The norm in USA of talking up your experience and skills was not acceptable in the humble company of Swedes either. This might have been the hardest adjustment for me. To me, finding a job and standing out against other candidates meant aggressively selling what I could do. To the Swedes, this seemed like the boasts of someone who liked themselves a little too much. I had never looked at myself as being someone who was full of themselves, but to survive in Sweden’s job market, I needed to tone it down.

Another thing that struck me, again and again, was the power of shared expectations. In Sweden you were expected to follow certain cultural norms, and everyone I met did things to help you know what was expected of you. On the bus, someone would helpfully remind a gentleman to give up his seat for the elderly, or else every occupant would turn an angry eye to the man who did not give up his seat for an elderly woman. That peer pressure was powerful.

People said what they meant. If a friend said let’s get coffee, they actually meant it. We better be getting coffee!

In one office, we had coffee break or fika, every day in the mid afternoon. I can verge on workaholism, so my teammates would subtly stop by my desk just before to encourage my attendance.

Even living in Sweden, the government encourages you to understand the country and fit in. I am a Swedish citizen, but I was not fluent enough in Swedish and was encouraged to attend a free class to learn the language and culture better.
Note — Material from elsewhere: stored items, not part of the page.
-- ===== src/Report/Charts/Latencies.antt =====
-- Latencies and connect times over time: graph.js under tools/jmeter/results/*-report/content/js. `..._infos` is
-- the object with the options and the drawing, `..._steps` its refresh function.
use high_performance_e_comme.Common.{true, false, none, some, [], ◌∷◌}
use high_performance_e_comme.Report.Format.{
  lit, elapsed_time_label, connect_time_label, time_format,
}
use high_performance_e_comme.Report.Series.{GraphData}
use high_performance_e_comme.Report.Options.{
  Options, template, lines_points, axis, time_axis, legend_in,
}
use high_performance_e_comme.Report.Page.{Graph, Infos, Refresh}

latencies_over_time_options : GraphData → Options
latencies_over_time_options d = record {
  series = lines_points true true;
  legend = legend_in 2 "#legendLatenciesOverTime";
  xaxis = time_axis (time_format d.result.granularity) (elapsed_time_label d.result.granularity);
  yaxis = axis (lit "Average response latencies in ms" ∷ []);
  bars = none;
  grid_hoverable = true;
  selection_mode = some "xy";
  tooltip = true;
  tooltip_content = template "%s : at %x Average latency was %y ms";
  colors = [];
  canvas = false;
}

unfoldable pub latencies_over_time_infos : Infos
unfolding latencies_over_time_options
latencies_over_time_infos = record {
  graph = Graph.latencies_over_time;
  get_options = latencies_over_time_options;
  choices = "#choicesLatenciesOverTime";
  flot = "#flotLatenciesOverTime";
  overview = some "#overviewLatenciesOverTime";
  sets_ticks = false;
}

abbrev pub latencies_over_time_steps : Refresh
latencies_over_time_steps = record {
  infos = latencies_over_time_infos;
  body = some "#bodyLatenciesOverTime";
  fixes = true;
  no_match_color = false;
  ignore_filter = false;
  source = "#footerLatenciesOverTime .legendColorBox > div";
}

connect_time_over_time_options : GraphData → Options
connect_time_over_time_options d = record {
  series = lines_points true true;
  legend = legend_in 2 "#legendConnectTimeOverTime";
  xaxis = time_axis (time_format d.result.granularity) (connect_time_label d.result.granularity);
  yaxis = axis (lit "Average Connect Time in ms" ∷ []);
  bars = none;
  grid_hoverable = true;
  selection_mode = some "xy";
  tooltip = true;
  tooltip_content = template "%s : at %x Average connect time was %y ms";
  colors = [];
  canvas = false;
}

unfoldable pub connect_time_over_time_infos : Infos
unfolding connect_time_over_time_options
connect_time_over_time_infos = record {
  graph = Graph.connect_time_over_time;
  get_options = connect_time_over_time_options;
  choices = "#choicesConnectTimeOverTime";
  flot = "#flotConnectTimeOverTime";
  overview = some "#overviewConnectTimeOverTime";
  sets_ticks = false;
}

abbrev pub connect_time_over_time_steps : Refresh
connect_time_over_time_steps = record {
  infos = connect_time_over_time_infos;
  body = some "#bodyConnectTimeOverTime";
  fixes = true;
  no_match_color = false;
  ignore_filter = false;
  source = "#footerConnectTimeOverTime .legendColorBox > div";
}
For this small nation, gentle cultural guidance helped those not used to the expectations to fit in.

In the same way, Agile teams can use their defined cultural norms to help new members onboard, and to encourage each other to be better team members. This can be done in many ways, but the retrospective is one of my go-tos.

I may not have posted about this here yet, but in my daily life, I say all the time that one should vary retrospective methods. It is truly the most powerful tool in the scrum master’s toolbox, and using the same method every time is like using a hammer for every job around the house. You might get some things nailed in, but you’re likely to get some dented walls and fixtures too.

One method I like using in retrospectives with new teams, or with teams in which it seems like discord appears to be growing, is to define our team’s working relationships with “That Guy, This Guy.

With this method, after reminding the team about the Retrospective Prime Directive, the team works to define the kind of team member that is difficult to work with (Don’t Be That Guy) and the kind of team member they love to work with (This Guy Rocks!).

I did this retro with a team I worked with in the last year. The That Guy, This Guy artifact became their playbook for their team. Take a look at some of the qualities that That Guy has versus This Guy.


“That Guy” passes the buck, isn’t accountable and closes new ideas down. The phrase, Don’t Be That Guy takes on special meaning when we define the behaviors that make it hard to work with someone.


On the other hand, look at the qualities this team defined for the sort of person everyone enjoys working with – proactive, helpful, and willing to pitch in. Everyone wants to work with “This Guy.”

Agile is all about raising accountability for all team members and pushing the team, and the individuals in it, to be their best selves. As human beings we like examples of what that means. For each team, this may look a little different. It depends on your business, the products you work with, and your processes.

A similar retrospective method I’ve used is called Ground Rules, which is especially appropriate to use in the formation of a new team. The premise is similar – how do we work together best – what rules do we agree on and what new ones should we consider? These rules then can be passed on to any new team member to give an example of how the team expects members to behave.

In summary, these retrospective methods really boil down to the team defining how not to be a jerk. They arm the team with a way of calling out what their preferred behaviors are, and a playful way of saying, hey- This Guy Rocks!

This is super important in agile teams where the team dynamic has more potential than ever to slow down productivity if people don’t play by the rules, or conversely, produce more than ever as the team gets better at working together.